Entry Level Standards:

 Students must be able to read at the college level.

Prerequisites:

High school algebra I and algebra II and ACT math score of at least 19; or DSPM 0850 or equivalent math placement score

Textbook(s) and Other Reference Materials Basic to the Course:

Textbook:
Stewart, Redlin, and Watson. Algebra and Trigonometry. First Edition. Brooks/Cole, Pacific Grove, California, 2001
References:
Larson, Hosteller and Edwards.  Precalculus Functions and Graphs.  Second Edition.  Houghton Mifflin Company, Boston, Massachusetts, 1997. 
Personal Equipment: 
A graphics calculator is required for this course.  A symbolic manipulator such as the TI-89 or  TI-92 is not permitted.

I. Week/Unit/Topic Basis:

Week 

Topic

1

The Cartesian plane, graphs and graphing utilities, lines in the plane, solving equations and  inequalities. Complex numbers. Modeling using regression.

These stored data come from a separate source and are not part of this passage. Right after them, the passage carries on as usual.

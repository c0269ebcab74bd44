-- ===== src/Cli/Reload.antt =====
-- crates/nux-cli/src/main.rs, `spawn_reload_on_sighup`: what a Guard does with its file on SIGHUP,
-- and a configuration that the companion is given on its way to the Guard's whitelist.
use nux_auth.Prelude.{
  ℕ, ◌≡◌, refl, Bool, true, false, List, [], ◌∷◌, Option, none, some, arith, ok, err, is_some,
  if◌then◌else◌,
}
use nux_auth.Prelude.Assoc.{lookup}
use nux_auth.Net.{Net}
use nux_auth.Gateway.{Text, ConfigNodeGuardInput, validate_input}
use nux_auth.Auth.{session_roles}
use nux_auth.Node.{GuardControl, Chance}
use nux_auth.Node.Loop.{GuardLoop, Caps, command, turn, obey}
use nux_auth.Node.Reload.{reload-session_roles}
use nux_auth.Cli.{Formats, Toml, parsers}
use nux_auth.Cli.Config.{GuardConfig, load}
use nux_auth.Cli.Valid.{load-IsValid}
use nux_auth.Cli.Remote.{Disk, edit, apply_remote_config}
use nux_auth.Cli.Applied.{remote_of, last_roles, apply_remote_config-load}
use nux_auth.Cli.Sync.{Companion, Response, fetch_remote_config, unchanged, poll, poll-applied}

module _ {Peer Key Multiaddr Ip Name : Type 0} (net : Net Peer Key)
    (f : Formats Peer Multiaddr Ip Name) {Document : Type 0} (toml : Toml Document) where
  -- The command that one SIGHUP makes: none where the file is refused.
  unfoldable pub on_hangup : Option Text → Option (GuardControl Peer)
  on_hangup file = elim (load net f toml file) [
    | ok cfg ↦ some (GuardControl.reload_whitelist cfg.whitelist)
    | err e ↦ none
  ]

  on_hangup-load :
      (file : Option Text) (cfg : GuardConfig Peer Multiaddr Ip Name)
      → load net f toml file ≡ ok cfg
      → on_hangup file ≡ some (GuardControl.reload_whitelist cfg.whitelist)
  unfolding on_hangup
  on_hangup-load file cfg h = rw (on_hangup, h) refl

  -- The task: the file at each SIGHUP, and whether the Guard's channel still takes a command. It
  -- ends at the first command that cannot be sent.
  unfoldable pub spawn_reload_on_sighup : List (Option Text × Bool) → List (GuardControl Peer)
  unfolding on_hangup
  spawn_reload_on_sighup [] = []
  spawn_reload_on_sighup ((file, open_) ∷ rest) =
      let later = spawn_reload_on_sighup rest in
      elim (on_hangup file) [ none ↦ later | some cmd ↦ if open_ then cmd ∷ later else [] ]

  -- From an answer to the Guard: where the path that the companion asks for is answered with a
  -- configuration that the gateway's checks accept, under a new stamp, and the file is loadable and the
  -- write and the signal succeed, a SIGHUP follows, which becomes a reload command, and once the
  -- running Guard has taken it every peer with a session has the roles of the last entry that names it
  -- in that configuration, and every other peer none.
  pub sync_reaches_sessions :
      (disk : Disk) (text : Text) (d : Document) (cfg : GuardConfig Peer Multiaddr Ip Name)
      (input : ConfigNodeGuardInput) (stamp : Text) (last : Option Text) (http : Text → Response)
      (uuid : Text) (caps : Caps) (g : GuardLoop Peer) (now : ℕ) (c : Chance)
      → load net f toml (some text) ≡ ok cfg
      → toml.parse text ≡ some d
      → validate_input (parsers f) input ≡ ok tt
      → (disk.write (some text) (toml.to_string (edit toml (remote_of input stamp) d))).1 ≡ true
      → fetch_remote_config http uuid ≡ ok (remote_of input stamp)
      → unchanged last stamp ≡ false
      → g.stopped ≡ false
      → g.control_open ≡ true
      → let turned =
          poll toml disk uuid (record { file = some text; last_updated_at = last }) http (ok tt) in
        (turned.1 ≡ true)
        × (cmd : GuardControl Peer) × (on_hangup turned.0.file ≡ some cmd)
        × ((p : Peer)
            → session_roles net (turn net caps g (command (some cmd) now) c).0.node.authenticator p
              ≡ (if is_some (lookup net.peer p g.node.authenticator.sessions)
                  then last_roles net f p (remote_of input stamp).allow none
                  else none))
  unfolding turn obey
  sync_reaches_sessions disk text d cfg input stamp last http uuid caps g now c h parsed valid done
        fetched fresh on heard =
      let remote = remote_of input stamp in
      let (applied, cfg', loads, updated) =
        apply_remote_config-load net f toml disk text d input stamp cfg h parsed valid done in
      let start : Companion = record { file = some text; last_updated_at = last } in
      let moved = poll-applied toml disk uuid start http remote (ok tt) fetched fresh applied in
      let ok_cfg =
        load-IsValid net f toml (apply_remote_config toml disk (some text) remote).0 cfg' loads in
      (
        rw moved refl,
        GuardControl.reload_whitelist cfg'.whitelist,
        rw moved (on_hangup-load (apply_remote_config toml disk (some text) remote).0 cfg' loads),
        λ p.
            ground (
              arith,
              reload-session_roles net g cfg'.whitelist p ok_cfg.listed,
              updated.new_roles p,
            ),
      )
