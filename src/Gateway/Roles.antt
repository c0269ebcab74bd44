-- ===== src/Gateway/Roles.antt =====
-- nux_gateway/src/roles.rs: the roles of tunnels that a configuration gives, and what a Guard that
-- obeys them makes of its whitelist.
use nux_auth.Prelude.{◌≡◌, refl, List, [], ◌∷◌, Option, none, some, if◌then◌else◌}
use nux_auth.Prelude.Assoc.{Distinct}
use nux_auth.Gateway.{Text, Allow, ConfigNodeGuard, Parsers}
use nux_auth.Net.{Net}
use nux_auth.Node.{GuardControl}
use nux_auth.Whitelist
use nux_auth.Whitelist.{Whitelist, Roles}
use nux_auth.Whitelist.Laws.{roles-allow, allow-Distinct}

-- "gw-guard" and "gw-client".
abbrev pub role_guard : Text
role_guard = 103 ∷ 119 ∷ 45 ∷ 103 ∷ 117 ∷ 97 ∷ 114 ∷ 100 ∷ []

abbrev pub role_client : Text
role_client = 103 ∷ 119 ∷ 45 ∷ 99 ∷ 108 ∷ 105 ∷ 101 ∷ 110 ∷ 116 ∷ []

module _ {Peer : Type 0} (parse : Parsers Peer) where
  -- The loop over the allowed peers; an entry that names no identity is skipped.
  unfoldable pub client_roles : List Allow → List (Peer × Roles)
  client_roles [] = []
  client_roles (entry ∷ entries) =
      let rest = client_roles entries in
      elim (parse.peer_id entry.peer) [ none ↦ rest | some peer ↦ (peer, role_client ∷ []) ∷ rest ]

  unfoldable pub roles_for_config : ConfigNodeGuard → List (Peer × Roles)
  unfolding client_roles
  roles_for_config config =
      let rest = client_roles config.allow in
      elim (parse.peer_id config.uuid) [
        | none ↦ rest
        | some peer ↦ (peer, role_guard ∷ role_client ∷ []) ∷ rest
      ]

module _ {Peer : Type 0} where
  -- The commands of `put_config`, in the order in which they are sent.
  unfoldable pub commands : List (Peer × Roles) → List (GuardControl Peer)
  commands [] = []
  commands ((peer, roles) ∷ entries) = GuardControl.allow peer roles ∷ commands entries

module _ {Peer Key : Type 0} (net : Net Peer Key) where
  -- The whitelist of a Guard that obeys `Allow` commands; other commands are not among them.
  unfoldable pub allowed_by : Whitelist Peer → List (Peer × Roles) → Whitelist Peer
  allowed_by w [] = w
  allowed_by w ((peer, roles) ∷ entries) = allowed_by (Whitelist.allow net peer roles w) entries

  -- The roles of the last entry that names the peer.
  unfoldable pub last_of : Peer → List (Peer × Roles) → Option Roles → Option Roles
  last_of q [] before = before
  last_of q ((peer, roles) ∷ entries) before =
      last_of q entries (if net.peer.beq peer q then some roles else before)

  -- After the commands of a configuration a peer has the roles of the last entry that names it, and
  -- a peer that no entry names keeps what it had.
  pub roles-allowed_by :
      (w : Whitelist Peer) (entries : List (Peer × Roles)) (q : Peer)
      → Distinct net.peer w
      → Whitelist.roles net (allowed_by w entries) q ≡ last_of q entries (Whitelist.roles net w q)
  unfolding allowed_by last_of
  roles-allowed_by w [] q d = refl
  roles-allowed_by w ((peer, roles) ∷ entries) q d = rw (← roles-allow net w peer q roles d) (
      roles-allowed_by (Whitelist.allow net peer roles w) entries q
        (allow-Distinct net w peer roles d))
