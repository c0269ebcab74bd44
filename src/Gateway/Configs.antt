-- ===== src/Gateway/Configs.antt =====
-- nux_gateway/src/handlers/configs.rs and the rows of nux_gateway/src/models.rs: `put_config` and
-- `get_config` over the table of configurations.
use nux_auth.Prelude.{
  ◌≡◌, refl, ap, ◌∙◌, Bool, true, List, [], Option, none, some, arith, bytes_eq, if◌then◌else◌, not,
  Bool-cases, ok, err, ◌>>=◌, is_some, inl, inr,
}
use nux_auth.Prelude.Assoc.{lookup, insert, lookup-insert}
use nux_auth.Gateway.{
  Text, AppError, AppResult, RateLimit, Allow, CheckSum, ConfigNodeGuardInput, ConfigNodeGuard,
  Parsers, require, validate_input,
}
use nux_auth.Gateway.Roles.{roles_for_config, commands}
use nux_auth.Node.{GuardControl}

-- `serde_json` for one type.
pub record Serde (T : Type 0) : Type 0 where
  pub to_string : T → Text
  pub from_str : Text → Option T
  pub reads_back : (v : T) → from_str (to_string v) ≡ some v

pub record Json : Type 0 where
  pub rate_limit : Serde RateLimit
  pub allow : Serde (List Allow)
  pub check_sum : Serde (List CheckSum)

pub record ConfigNodeGuardRow : Type 0 where
  pub uuid : Text
  pub rate_limit_json : Text
  pub allow_json : Text
  pub check_sum_json : Text
  pub updated_at : Text

abbrev pub Table : Type 0
Table = List (Text × ConfigNodeGuardRow)

-- Whether the connection and the statement work.
pub record Database : Type 0 where
  pub rows : Table
  pub works : Bool

module _ (json : Json) where
  unfoldable pub into_row : ConfigNodeGuard → Text → ConfigNodeGuardRow
  into_row config updated_at = record {
    uuid = config.uuid;
    rate_limit_json = json.rate_limit.to_string config.rate_limit;
    allow_json = json.allow.to_string config.allow;
    check_sum_json = json.check_sum.to_string config.check_sum;
    updated_at = updated_at;
  }

  -- `From<ConfigNodeGuardRow>`; `none` is the panic of an `expect`.
  unfoldable pub from_row : ConfigNodeGuardRow → Option ConfigNodeGuard
  from_row row = elim (json.rate_limit.from_str row.rate_limit_json) [
    | none ↦ none
    | some rate_limit ↦ elim (json.allow.from_str row.allow_json) [
      | none ↦ none
      | some allow ↦ elim (json.check_sum.from_str row.check_sum_json) [
        | none ↦ none
        | some check_sum ↦ some (record {
          uuid = row.uuid;
          rate_limit = rate_limit;
          allow = allow;
          check_sum = check_sum;
          updated_at = row.updated_at;
        })
      ]
    ]
  ]

  from_row-into_row :
      (config : ConfigNodeGuard) (now : Text)
      → from_row (into_row config now) ≡ some (record config { updated_at = now })
  unfolding from_row into_row
  from_row-into_row config now = ground (
    arith,
    json.rate_limit.reads_back config.rate_limit,
    json.allow.reads_back config.allow,
    json.check_sum.reads_back config.check_sum,
  )

-- The configuration that an input stands for.
abbrev pub config_of : Text → ConfigNodeGuardInput → Text → ConfigNodeGuard
config_of uuid input updated_at = record {
  uuid = uuid;
  rate_limit = input.rate_limit;
  allow = input.allow;
  check_sum = input.check_sum;
  updated_at = updated_at;
}

-- What a request comes to: the table, the commands for the Guard, and the answer; an answer `none`
-- is a panic of the handler.
pub record Handled (Peer : Type 0) : Type 0 where
  pub table : Table
  pub sent : List (GuardControl Peer)
  pub answer : Option (AppResult ConfigNodeGuard)

module _ {Peer : Type 0} (parse : Parsers Peer) (json : Json) where
  abbrev pub refused : Database → AppError → Handled Peer
  refused db x = record { table = db.rows; sent = []; answer = some (err x) }

  unfoldable pub save : Database → ConfigNodeGuardRow → Handled Peer
  save db row =
      if db.works
      then record {
        table = insert bytes_eq row.uuid row db.rows;
        sent = elim (from_row json row) [
          | none ↦ []
          | some saved ↦ commands (roles_for_config parse saved)
        ];
        answer = elim (from_row json row) [ none ↦ none | some saved ↦ some (ok saved) ];
      }
      else refused db AppError.internal

  -- The two checks before anything is written.
  unfoldable pub check_put : Text → ConfigNodeGuardInput → AppResult (Unit {0})
  check_put uuid input = do _ ← require (is_some (parse.peer_id uuid)); validate_input parse input

  unfoldable pub put_config : Database → Text → ConfigNodeGuardInput → Text → Handled Peer
  unfolding save check_put
  put_config db uuid input now = elim (check_put uuid input) [
    | err x ↦ refused db x
    | ok _ ↦ save db (into_row json (config_of uuid input []) now)
  ]

  unfoldable pub get_config : Database → Text → Option (AppResult ConfigNodeGuard)
  get_config db uuid =
      if not (is_some (parse.peer_id uuid))
      then some (err AppError.bad_request)
      else if not db.works
      then some (err AppError.internal)
      else elim (lookup bytes_eq uuid db.rows) [
        | none ↦ some (err AppError.not_found)
        | some row ↦ elim (from_row json row) [ none ↦ none | some saved ↦ some (ok saved) ]
      ]

  save-reads :
      (rows : Table) (row : ConfigNodeGuardRow) (saved : ConfigNodeGuard)
      → from_row json row ≡ some saved
      → save (record { rows = rows; works = true }) row ≡ record {
        table = insert bytes_eq row.uuid row rows;
        sent = commands (roles_for_config parse saved);
        answer = some (ok saved);
      }
  unfolding save
  save-reads rows row saved h = rw h refl

  get_config-insert :
      (rows : Table) (row : ConfigNodeGuardRow) (saved : ConfigNodeGuard) (q : Text)
      → is_some (parse.peer_id row.uuid) ≡ true
      → from_row json row ≡ some saved
      → get_config (record { rows = insert bytes_eq row.uuid row rows; works = true }) q ≡ (
          if bytes_eq.beq row.uuid q
          then some (ok saved)
          else get_config (record { rows = rows; works = true }) q)
  unfolding get_config
  get_config-insert rows row saved q named h =
      let at = lookup-insert bytes_eq row.uuid q row rows in
      let same : bytes_eq.beq row.uuid q ≡ true → row.uuid ≡ q = (bytes_eq.beq_iff row.uuid q).0 in
      elim (Bool-cases (bytes_eq.beq row.uuid q)) [
        | inl hit ↦
            let known : is_some (parse.peer_id q) ≡ true = rw (← same hit) named in
            rw (at, hit, known, h) refl
        | inr off ↦ rw (at, off) refl
      ]

  check_put-ok :
      (uuid : Text) (input : ConfigNodeGuardInput)
      → is_some (parse.peer_id uuid) ≡ true
      → validate_input parse input ≡ ok tt
      → check_put uuid input ≡ ok tt
  unfolding check_put
  check_put-ok uuid input named valid = rw named valid

  put_config-save :
      (db : Database) (uuid : Text) (input : ConfigNodeGuardInput) (now : Text)
      → is_some (parse.peer_id uuid) ≡ true
      → validate_input parse input ≡ ok tt
      → put_config db uuid input now ≡ save db (into_row json (config_of uuid input []) now)
  unfolding put_config
  put_config-save db uuid input now named valid =
      rw (put_config, check_put-ok uuid input named valid) refl

  -- A configuration that is accepted is answered as it was given, with the time of the call, and its
  -- roles are sent to the Guard; from then on `get_config` answers it for that identity, and every
  -- other identity as before.
  pub put_config-get :
      (rows : Table) (uuid other : Text) (input : ConfigNodeGuardInput) (now : Text)
      → is_some (parse.peer_id uuid) ≡ true
      → validate_input parse input ≡ ok tt
      → let r = put_config (record { rows = rows; works = true }) uuid input now in
        let saved = config_of uuid input now in
        (r.answer ≡ some (ok saved))
        × (r.sent ≡ commands (roles_for_config parse saved))
        × (get_config (record { rows = r.table; works = true }) other ≡ (
            if bytes_eq.beq uuid other
            then some (ok saved)
            else get_config (record { rows = rows; works = true }) other))
  unfolding into_row
  put_config-get rows uuid other input now named valid =
      let row = into_row json (config_of uuid input []) now in
      let saved = config_of uuid input now in
      let reads = from_row-into_row json (config_of uuid input []) now in
      let done =
        put_config-save (record { rows = rows; works = true }) uuid input now named valid
        ∙ save-reads rows row saved reads in
      (
        ap (λ r. r.answer) done,
        ap (λ r. r.sent) done,
        ap (λ r. get_config (record { rows = r.table; works = true }) other) done
            ∙ get_config-insert rows row saved other named reads,
      )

Sections from Chapters 2,3.

2

 Review, Test 1, functions and graphs of functions.  4.1 - 4.2 

3

Applied functions: variation; average rate of change.  4.3-4.4

4

Transformation of functions , combining functions, inverses, modeling quadratic functions. 4.5-4.8, Focus on Modeling,  Test 2

5

Polynomials functions,  real zeros of polynomials 5.1-5.3 

6

The fundamental theorem of algebra, rational functions and graphs of  rational functions.  5.4-5.5 , Test 3

7

Exponential and logarithmic functions.  6.1 - 6.3

8

Logarithmic equations and exponential equations.  6.4 - 6.5

9

Applications of exponential and logarithmic functions; modeling, 6.6, Test 4

10

Radians and degrees,  right triangle trigonometry and trigonometric functions of any angle.  7.1 - 7.3

11

The law of sines and the law of cosines.  7.4-7.5, Test 5

12

Unit circle, trigonometric  functions of real numbers, trigonometric graphs 8.1-8.4, Test 6

13

Verifying trigonometric identities, add/subtract, double-angle, half-angle, product-sum formulas 9.1-9.3

14

Inverse trigonometric functions, solving trigonometric equations 9.4-9.5

15

Trigonometric form of complex numbers and vectors 9.6-9.7, Test 7

16

Review, Final Exam

II. Course Objectives*:

A.

Demonstrate mastery of the algebraic, geometric, and trigonometric manipulation skills necessary for success in the engineering technologies and transfer programs.  VI.2,3

B.

Use and interpret function notation and concepts.  VI.2,3

C.

Interpret algebraic and trigonometric graphs.  VI.1,2,3

D.

Use the elementary trigonometric functions in solving right and oblique triangle    problems.  VI. 2,3,5

E.

Apply triangle laws to the solution of vector problems.  VI.2,3,5

F.

Translate verbal situations into an algebraic or trigonometric equation by using    appropriate problem-solving techniques.  VI.2,3

G.

Solve and apply exponential and logarithmic equations.  VI.2,3,4,5

H.

Demonstrate mastery of  complex number arithmetic and equation solving.  VI.3,4

I.

Use elementary trigonometric identities to solve equations.  VI.2,3,5

J.

Fit data by modeling.  VI.1,2,3,4

*Roman numerals after course objectives reference goals of the university parallel program.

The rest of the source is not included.